:: ABOUT THIS TASK ::
Of all the entries below, only the lines from the one with "unfolding all_distinct without" up to and including the one with "has_pid-reap pid other (p" are to be duplicated exactly.
START AVAILABLE DATA
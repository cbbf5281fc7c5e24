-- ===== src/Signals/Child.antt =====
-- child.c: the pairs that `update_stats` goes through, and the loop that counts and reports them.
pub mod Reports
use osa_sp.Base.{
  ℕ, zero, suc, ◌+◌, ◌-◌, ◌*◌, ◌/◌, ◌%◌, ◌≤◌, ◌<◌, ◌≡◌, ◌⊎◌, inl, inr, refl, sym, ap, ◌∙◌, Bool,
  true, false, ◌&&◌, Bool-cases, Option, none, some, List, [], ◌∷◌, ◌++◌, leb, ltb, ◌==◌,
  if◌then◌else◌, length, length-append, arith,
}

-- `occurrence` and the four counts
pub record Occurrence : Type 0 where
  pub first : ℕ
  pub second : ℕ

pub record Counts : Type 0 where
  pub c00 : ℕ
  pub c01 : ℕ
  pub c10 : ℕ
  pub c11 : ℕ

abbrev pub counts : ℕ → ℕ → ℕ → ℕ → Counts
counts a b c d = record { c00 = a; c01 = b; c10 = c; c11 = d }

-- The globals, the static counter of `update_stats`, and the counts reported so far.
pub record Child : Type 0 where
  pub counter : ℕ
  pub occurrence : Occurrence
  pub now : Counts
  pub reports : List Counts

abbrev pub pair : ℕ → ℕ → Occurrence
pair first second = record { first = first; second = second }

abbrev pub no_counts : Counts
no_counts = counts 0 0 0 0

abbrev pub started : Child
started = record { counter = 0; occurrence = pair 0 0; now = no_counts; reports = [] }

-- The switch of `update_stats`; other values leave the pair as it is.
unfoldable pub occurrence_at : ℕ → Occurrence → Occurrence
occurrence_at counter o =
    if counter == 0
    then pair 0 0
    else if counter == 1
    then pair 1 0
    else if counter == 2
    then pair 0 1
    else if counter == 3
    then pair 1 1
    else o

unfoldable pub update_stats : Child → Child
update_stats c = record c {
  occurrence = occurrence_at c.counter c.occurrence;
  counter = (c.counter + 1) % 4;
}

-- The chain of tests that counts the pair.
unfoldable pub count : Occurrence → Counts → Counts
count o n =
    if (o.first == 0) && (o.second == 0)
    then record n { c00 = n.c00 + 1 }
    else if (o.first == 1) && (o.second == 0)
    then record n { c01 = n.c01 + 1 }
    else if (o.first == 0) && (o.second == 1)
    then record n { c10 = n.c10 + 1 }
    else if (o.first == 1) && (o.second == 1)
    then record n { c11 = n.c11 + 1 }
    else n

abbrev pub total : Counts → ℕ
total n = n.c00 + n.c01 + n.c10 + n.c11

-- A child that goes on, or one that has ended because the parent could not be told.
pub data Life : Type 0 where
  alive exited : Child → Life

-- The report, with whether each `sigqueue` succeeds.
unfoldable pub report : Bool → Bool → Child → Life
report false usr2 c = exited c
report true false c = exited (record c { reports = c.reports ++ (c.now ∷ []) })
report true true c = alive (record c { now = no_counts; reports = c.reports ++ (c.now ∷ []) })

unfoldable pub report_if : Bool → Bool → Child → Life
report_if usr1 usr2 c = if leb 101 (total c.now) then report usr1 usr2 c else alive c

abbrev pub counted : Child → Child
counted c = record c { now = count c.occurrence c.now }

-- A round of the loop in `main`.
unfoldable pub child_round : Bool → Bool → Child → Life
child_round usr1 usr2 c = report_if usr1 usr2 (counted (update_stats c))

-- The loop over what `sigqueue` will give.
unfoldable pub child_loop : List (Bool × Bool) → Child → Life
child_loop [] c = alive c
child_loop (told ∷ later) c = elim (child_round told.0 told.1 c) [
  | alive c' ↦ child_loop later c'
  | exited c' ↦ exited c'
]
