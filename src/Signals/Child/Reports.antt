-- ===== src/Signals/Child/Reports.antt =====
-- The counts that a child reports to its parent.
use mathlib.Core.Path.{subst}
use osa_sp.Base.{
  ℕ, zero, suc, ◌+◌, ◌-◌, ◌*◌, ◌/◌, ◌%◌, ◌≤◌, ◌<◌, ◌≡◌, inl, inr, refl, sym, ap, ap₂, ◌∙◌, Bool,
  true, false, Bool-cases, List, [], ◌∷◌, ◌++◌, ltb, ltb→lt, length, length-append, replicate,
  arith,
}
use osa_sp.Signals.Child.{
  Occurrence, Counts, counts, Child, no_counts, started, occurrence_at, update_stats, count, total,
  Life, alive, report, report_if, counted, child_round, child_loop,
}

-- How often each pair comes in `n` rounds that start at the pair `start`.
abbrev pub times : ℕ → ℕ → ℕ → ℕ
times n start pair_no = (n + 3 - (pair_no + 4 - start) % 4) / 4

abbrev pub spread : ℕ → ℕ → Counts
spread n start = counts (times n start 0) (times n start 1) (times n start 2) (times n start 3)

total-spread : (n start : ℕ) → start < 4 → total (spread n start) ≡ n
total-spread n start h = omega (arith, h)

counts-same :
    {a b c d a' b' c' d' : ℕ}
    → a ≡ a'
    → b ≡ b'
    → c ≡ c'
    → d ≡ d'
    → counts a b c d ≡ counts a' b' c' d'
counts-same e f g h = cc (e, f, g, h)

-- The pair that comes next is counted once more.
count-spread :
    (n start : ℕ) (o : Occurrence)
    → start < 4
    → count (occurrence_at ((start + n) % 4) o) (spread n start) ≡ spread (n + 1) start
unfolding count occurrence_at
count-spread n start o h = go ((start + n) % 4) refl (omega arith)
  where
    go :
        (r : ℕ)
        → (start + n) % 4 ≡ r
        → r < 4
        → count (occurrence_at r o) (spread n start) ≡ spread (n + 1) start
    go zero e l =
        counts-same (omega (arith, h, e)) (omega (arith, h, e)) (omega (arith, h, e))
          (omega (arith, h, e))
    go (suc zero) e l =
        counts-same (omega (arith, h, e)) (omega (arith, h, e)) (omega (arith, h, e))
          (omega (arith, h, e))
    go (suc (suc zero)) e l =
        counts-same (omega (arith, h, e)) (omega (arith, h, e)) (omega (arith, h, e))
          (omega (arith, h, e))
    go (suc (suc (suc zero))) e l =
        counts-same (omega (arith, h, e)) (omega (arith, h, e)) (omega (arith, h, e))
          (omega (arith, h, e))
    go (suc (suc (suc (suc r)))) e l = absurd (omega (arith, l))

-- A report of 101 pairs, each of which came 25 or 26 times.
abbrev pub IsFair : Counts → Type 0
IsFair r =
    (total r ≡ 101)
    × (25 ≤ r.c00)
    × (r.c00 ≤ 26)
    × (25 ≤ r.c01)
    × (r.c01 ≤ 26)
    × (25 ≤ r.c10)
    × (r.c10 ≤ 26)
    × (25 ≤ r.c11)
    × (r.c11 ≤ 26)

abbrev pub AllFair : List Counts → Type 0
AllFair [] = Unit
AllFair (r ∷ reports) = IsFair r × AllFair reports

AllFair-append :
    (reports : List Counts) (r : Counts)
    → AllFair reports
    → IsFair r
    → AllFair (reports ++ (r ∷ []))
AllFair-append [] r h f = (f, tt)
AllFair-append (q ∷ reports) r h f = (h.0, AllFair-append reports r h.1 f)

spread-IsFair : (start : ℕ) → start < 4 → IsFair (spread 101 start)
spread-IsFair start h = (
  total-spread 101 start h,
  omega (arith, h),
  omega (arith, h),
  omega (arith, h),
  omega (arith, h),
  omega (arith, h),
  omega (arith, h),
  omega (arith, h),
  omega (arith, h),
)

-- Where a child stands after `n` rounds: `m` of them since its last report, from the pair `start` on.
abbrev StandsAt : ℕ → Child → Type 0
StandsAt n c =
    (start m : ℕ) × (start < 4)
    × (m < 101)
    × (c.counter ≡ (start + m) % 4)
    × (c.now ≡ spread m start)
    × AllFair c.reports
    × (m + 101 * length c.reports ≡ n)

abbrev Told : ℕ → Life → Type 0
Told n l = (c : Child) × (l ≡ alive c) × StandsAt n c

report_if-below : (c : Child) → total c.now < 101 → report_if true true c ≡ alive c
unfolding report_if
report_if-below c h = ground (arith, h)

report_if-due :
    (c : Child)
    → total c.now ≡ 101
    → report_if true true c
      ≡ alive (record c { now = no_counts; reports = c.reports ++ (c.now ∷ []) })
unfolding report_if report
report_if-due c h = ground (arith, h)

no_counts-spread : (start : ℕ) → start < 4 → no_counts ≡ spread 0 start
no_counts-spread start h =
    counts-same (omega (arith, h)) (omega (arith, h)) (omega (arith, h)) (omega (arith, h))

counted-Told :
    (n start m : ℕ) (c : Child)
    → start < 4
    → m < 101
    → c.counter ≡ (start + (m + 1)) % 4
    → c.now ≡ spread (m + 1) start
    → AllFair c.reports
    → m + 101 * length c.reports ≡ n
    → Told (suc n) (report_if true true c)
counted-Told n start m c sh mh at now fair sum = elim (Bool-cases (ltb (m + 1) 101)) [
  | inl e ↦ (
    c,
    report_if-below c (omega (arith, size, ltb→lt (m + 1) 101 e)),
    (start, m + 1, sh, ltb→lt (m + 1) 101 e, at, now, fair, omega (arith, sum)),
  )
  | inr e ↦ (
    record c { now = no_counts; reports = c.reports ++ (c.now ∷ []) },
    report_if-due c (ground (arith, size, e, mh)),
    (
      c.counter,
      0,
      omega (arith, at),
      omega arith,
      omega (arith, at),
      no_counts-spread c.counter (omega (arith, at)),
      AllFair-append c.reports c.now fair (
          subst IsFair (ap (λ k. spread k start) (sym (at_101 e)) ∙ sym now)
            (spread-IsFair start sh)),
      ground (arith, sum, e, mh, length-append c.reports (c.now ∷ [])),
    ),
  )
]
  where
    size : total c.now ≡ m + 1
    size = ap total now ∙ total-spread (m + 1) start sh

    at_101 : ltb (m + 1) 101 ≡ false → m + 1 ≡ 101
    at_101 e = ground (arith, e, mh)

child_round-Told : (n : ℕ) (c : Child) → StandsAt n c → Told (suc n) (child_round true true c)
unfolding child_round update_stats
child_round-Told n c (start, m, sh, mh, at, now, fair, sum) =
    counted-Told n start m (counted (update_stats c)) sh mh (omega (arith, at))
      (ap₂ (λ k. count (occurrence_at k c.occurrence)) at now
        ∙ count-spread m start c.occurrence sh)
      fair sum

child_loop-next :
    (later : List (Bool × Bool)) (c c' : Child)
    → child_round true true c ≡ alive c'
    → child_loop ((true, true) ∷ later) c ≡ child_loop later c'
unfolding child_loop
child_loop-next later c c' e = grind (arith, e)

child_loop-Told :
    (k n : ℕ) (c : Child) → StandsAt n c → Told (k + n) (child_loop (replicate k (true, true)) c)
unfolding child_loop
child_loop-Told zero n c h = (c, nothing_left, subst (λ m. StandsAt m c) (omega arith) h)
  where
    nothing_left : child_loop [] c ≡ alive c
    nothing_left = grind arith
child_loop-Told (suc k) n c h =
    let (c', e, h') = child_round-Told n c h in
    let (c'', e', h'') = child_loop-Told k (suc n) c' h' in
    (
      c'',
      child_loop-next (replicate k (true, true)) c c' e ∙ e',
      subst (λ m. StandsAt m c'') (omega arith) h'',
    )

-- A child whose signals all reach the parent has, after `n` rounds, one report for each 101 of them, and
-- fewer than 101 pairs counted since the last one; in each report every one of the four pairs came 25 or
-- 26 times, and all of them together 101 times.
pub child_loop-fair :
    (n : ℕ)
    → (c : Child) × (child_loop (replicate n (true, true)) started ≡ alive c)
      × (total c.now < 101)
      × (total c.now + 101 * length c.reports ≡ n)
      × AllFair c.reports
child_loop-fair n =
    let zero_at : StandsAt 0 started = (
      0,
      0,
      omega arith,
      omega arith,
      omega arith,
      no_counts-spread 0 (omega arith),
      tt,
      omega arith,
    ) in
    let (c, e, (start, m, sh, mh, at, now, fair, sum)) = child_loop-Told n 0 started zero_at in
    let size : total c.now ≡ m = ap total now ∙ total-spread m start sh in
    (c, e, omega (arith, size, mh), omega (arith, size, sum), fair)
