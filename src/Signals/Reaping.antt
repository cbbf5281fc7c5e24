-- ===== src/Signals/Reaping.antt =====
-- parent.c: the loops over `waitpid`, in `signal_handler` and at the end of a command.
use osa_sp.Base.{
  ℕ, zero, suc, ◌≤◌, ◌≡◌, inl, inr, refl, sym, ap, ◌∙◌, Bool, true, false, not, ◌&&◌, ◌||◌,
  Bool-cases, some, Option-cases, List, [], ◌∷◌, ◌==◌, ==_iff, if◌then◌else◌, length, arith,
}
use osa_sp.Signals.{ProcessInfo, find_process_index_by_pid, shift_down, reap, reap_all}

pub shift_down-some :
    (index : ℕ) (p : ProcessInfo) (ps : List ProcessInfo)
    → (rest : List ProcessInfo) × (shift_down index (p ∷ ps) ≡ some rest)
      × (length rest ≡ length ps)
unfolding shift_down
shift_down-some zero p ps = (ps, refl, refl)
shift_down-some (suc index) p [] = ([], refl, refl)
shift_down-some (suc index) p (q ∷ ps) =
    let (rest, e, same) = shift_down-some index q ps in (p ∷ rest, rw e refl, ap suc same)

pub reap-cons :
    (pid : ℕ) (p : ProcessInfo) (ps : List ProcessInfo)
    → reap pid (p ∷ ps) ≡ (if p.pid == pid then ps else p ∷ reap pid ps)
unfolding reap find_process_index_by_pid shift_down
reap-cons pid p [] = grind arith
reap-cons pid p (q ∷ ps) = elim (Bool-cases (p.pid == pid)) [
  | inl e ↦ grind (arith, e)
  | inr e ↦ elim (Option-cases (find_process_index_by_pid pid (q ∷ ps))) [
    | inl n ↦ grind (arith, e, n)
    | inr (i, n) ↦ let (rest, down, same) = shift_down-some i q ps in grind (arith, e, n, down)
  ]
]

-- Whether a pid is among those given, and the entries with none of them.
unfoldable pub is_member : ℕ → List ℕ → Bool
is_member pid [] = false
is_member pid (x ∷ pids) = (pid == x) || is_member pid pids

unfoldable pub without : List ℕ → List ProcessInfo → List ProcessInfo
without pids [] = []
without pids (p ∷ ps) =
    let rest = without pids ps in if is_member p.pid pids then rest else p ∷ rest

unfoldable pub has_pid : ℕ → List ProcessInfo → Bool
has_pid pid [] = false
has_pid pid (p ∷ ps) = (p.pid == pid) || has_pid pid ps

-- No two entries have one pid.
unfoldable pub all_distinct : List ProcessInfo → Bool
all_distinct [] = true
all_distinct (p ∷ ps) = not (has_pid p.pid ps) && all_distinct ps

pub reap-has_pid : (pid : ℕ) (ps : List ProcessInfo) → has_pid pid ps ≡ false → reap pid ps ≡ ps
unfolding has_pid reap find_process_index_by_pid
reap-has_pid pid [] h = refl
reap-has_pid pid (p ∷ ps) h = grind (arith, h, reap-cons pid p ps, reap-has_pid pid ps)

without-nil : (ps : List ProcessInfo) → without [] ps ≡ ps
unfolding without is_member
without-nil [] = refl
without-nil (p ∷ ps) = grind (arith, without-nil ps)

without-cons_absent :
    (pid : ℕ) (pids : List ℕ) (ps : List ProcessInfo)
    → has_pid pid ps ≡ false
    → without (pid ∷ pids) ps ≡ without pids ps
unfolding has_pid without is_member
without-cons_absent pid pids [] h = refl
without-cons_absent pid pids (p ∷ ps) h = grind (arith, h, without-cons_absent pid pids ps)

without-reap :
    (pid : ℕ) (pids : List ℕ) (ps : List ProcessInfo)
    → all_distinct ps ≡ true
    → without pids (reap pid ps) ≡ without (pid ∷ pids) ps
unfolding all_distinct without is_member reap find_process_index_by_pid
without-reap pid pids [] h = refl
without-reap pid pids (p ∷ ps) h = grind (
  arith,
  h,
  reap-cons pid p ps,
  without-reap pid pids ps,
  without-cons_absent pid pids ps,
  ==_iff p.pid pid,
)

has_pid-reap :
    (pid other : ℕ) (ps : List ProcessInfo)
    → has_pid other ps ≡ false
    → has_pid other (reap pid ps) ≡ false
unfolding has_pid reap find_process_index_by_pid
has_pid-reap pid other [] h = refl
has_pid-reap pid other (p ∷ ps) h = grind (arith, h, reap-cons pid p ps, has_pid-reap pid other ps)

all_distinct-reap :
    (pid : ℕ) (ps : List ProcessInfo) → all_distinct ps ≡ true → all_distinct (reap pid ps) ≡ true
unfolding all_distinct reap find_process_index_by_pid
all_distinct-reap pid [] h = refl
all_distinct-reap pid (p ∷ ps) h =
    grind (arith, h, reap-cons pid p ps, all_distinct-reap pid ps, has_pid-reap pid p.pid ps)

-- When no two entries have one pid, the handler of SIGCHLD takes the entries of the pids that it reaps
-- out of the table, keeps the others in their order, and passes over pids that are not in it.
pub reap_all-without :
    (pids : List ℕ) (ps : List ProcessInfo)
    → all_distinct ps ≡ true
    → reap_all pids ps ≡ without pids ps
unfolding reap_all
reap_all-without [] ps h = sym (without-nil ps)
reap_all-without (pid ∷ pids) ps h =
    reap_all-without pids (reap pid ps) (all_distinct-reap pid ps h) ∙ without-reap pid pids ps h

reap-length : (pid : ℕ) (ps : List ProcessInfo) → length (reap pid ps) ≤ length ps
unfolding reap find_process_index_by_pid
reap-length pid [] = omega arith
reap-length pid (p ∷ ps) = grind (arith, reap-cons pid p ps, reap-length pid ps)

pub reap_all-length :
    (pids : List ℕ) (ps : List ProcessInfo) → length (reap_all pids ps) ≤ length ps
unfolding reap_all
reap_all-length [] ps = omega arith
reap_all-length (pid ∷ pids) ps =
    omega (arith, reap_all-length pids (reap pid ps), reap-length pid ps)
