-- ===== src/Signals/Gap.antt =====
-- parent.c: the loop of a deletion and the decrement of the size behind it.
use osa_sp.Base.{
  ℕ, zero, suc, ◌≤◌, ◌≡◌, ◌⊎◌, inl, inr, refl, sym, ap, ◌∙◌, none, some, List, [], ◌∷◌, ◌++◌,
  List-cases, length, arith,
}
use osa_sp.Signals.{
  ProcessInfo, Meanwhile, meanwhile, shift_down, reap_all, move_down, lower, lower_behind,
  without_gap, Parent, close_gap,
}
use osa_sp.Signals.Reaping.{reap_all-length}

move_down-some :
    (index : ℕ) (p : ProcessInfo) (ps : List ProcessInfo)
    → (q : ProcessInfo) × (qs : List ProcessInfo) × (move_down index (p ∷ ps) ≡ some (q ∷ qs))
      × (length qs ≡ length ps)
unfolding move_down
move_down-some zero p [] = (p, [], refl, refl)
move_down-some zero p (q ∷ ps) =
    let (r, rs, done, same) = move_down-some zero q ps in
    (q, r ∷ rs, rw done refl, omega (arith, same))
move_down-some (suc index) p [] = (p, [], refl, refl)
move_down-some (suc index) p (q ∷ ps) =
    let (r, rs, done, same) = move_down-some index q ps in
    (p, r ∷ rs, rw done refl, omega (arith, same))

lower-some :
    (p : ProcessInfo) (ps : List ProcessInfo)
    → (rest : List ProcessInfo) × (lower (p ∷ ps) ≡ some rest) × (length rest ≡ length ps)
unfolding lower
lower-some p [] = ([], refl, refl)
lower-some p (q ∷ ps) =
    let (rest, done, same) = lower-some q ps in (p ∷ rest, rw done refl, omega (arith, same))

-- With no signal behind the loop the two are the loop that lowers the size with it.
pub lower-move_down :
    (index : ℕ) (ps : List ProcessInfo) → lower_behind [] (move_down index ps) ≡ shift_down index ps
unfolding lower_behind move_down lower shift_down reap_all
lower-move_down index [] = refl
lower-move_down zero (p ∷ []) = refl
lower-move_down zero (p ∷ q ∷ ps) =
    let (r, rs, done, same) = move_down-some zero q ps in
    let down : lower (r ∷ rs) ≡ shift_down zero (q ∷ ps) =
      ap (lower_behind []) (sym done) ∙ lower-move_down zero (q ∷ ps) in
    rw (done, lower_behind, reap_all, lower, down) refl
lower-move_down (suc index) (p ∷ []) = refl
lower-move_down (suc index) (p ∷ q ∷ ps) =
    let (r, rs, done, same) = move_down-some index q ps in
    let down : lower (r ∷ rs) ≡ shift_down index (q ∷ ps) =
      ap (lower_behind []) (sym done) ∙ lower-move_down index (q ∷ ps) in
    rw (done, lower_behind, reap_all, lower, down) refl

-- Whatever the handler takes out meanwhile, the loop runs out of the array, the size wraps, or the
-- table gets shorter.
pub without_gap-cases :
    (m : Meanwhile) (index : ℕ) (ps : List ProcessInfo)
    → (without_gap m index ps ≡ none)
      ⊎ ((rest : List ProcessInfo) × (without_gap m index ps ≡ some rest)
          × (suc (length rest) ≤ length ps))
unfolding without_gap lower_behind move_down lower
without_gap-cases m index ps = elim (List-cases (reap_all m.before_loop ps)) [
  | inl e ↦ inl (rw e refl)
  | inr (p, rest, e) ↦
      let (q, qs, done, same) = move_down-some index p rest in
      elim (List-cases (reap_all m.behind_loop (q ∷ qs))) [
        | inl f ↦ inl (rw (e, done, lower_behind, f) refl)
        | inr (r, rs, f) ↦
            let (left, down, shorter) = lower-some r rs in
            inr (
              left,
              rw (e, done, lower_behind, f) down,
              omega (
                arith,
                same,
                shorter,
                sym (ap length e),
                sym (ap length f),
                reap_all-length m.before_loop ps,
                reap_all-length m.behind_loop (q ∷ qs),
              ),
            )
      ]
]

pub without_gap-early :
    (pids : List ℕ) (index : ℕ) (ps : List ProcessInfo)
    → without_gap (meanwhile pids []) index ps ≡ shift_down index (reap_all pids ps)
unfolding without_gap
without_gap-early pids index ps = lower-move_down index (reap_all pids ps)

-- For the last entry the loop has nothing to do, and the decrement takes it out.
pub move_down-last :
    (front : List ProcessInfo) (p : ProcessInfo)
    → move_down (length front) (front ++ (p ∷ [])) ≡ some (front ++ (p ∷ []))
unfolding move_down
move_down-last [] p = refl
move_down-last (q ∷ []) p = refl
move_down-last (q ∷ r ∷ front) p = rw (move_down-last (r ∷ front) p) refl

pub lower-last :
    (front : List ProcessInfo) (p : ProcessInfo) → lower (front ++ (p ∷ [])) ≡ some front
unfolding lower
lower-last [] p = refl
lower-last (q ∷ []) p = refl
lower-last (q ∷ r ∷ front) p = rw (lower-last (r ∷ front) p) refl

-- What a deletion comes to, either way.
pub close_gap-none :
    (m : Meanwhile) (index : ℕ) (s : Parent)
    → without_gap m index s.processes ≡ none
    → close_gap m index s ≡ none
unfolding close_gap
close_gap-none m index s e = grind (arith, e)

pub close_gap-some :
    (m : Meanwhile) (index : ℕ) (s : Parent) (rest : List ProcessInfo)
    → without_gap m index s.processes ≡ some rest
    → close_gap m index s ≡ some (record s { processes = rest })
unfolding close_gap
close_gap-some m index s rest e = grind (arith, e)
END AVAILABLE DATA
:: ANSWER BOX ::
unfolding all_distinct without is_member reap find_process_index_by_pid
without-reap pid pids [] h = refl
without-reap pid pids (p ∷ ps) h = grind (
  arith,
  h,
  reap-cons pid p ps,
  without-reap pid pids ps,
  without-cons_absent pid pids ps,
  ==_iff p.pid pid,
)

has_pid-reap :
    (pid other : ℕ) (ps : List ProcessInfo)
    → has_pid other ps ≡ false
    → has_pid other (reap pid ps) ≡ false
unfolding has_pid reap find_process_index_by_pid
has_pid-reap pid other [] h = refl
has_pid-reap pid other (p ∷ ps) h = grind (arith, h, reap-cons pid p ps, has_pid-reap pid other ps)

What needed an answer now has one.